Assignment: Every line of the entries with the word "that" in it should be shown.

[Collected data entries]
- - - - -

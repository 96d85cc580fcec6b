-- ===== src/Chat/Room.antt =====
-- The chatroom's server as a whole: `clithread` of A5/Chatroom/src/Server.cc for each of many clients,
-- and `loop_dispatch` of Handlers.cc, in any order. A turn of a thread and a turn of the dispatcher
-- are one step each; the pipe's lock, which makes them so, is in Chat/Pipe/Lock. A thread puts while
-- the dispatcher has the FIFO open: its `open` waits for that, and a write after the dispatcher has
-- closed the FIFO ends the server, so that no step follows. No `open` fails.
pub mod Order
pub mod Runs
use aip_pkussm.Prelude.{update, Bool, ℕ, ◌≡◌, true, some, List, ◌++◌, ℤ}
use aip_pkussm.Net.{Socket, ok}
use aip_pkussm.Host.{Disk}
use aip_pkussm.Chat.{Layout}
use aip_pkussm.Chat.Users.{User, Cmsg}
use aip_pkussm.Chat.Dispatch.{Send, loop_dispatch}
use aip_pkussm.Chat.Server.{Leftover, Process, registered, clithread}

module _ (k : Socket) (d : Disk) (w : Layout) (c : Cmsg) (left : Leftover) (connfds : ℕ → ℤ) where
  -- The connections of the threads, what the threads share, and what the dispatcher has sent.
  pub record Server : Type 0 where
    pub links : ℕ → k.State
    pub files : d.Files
    pub users : List User
    pub fifo : List ℕ
    pub sends : List Send

  -- What the thread `i` works on.
  abbrev pub process_of : Server → ℕ → Process k d
  process_of s i = record {
    host = record { link = s.links i; files = s.files };
    users = s.users;
    fifo = s.fifo;
    reader = true;
  }

  abbrev pub worked : Server → ℕ → Process k d → Server
  worked s i q = record s {
    links = update s.links i q.host.link;
    files = q.host.files;
    users = q.users;
    fifo = q.fifo;
  }

  pub data Step (s : Server) : Server → Type 0 where
    -- A thread reads a message and handles it, and would wait for another one.
    handles :
        (i : ℕ) (q : Process k d)
        → clithread k d w c left registered (connfds i) 1 (process_of s i) ≡ ok true q
        → Step s (worked s i q)
    -- The dispatcher takes a message from the pipe, if one is there, closes the pipe, and sends the
    -- message. Where no thread has the pipe open then (`held`), the messages behind it are discarded.
    dispatches :
        (held : Bool) (sends : List Send) (fifo : List ℕ) (users : List User)
        → loop_dispatch c left.stack w (λ n. held) 1 s.fifo s.users ≡ some (sends, fifo, users)
        → Step s (record s { users = users; fifo = fifo; sends = s.sends ++ sends })

  pub data Reach (s : Server) : Server → Type 0 where
    here : Reach s s
    next : {t u : Server} → Reach s t → Step t u → Reach s u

- - - - -

The completed task:
-- the dispatcher has the FIFO open: its `open` waits for that, and a write after the dispatcher has
-- closed the FIFO ends the server, so that no step follows. No `open` fails.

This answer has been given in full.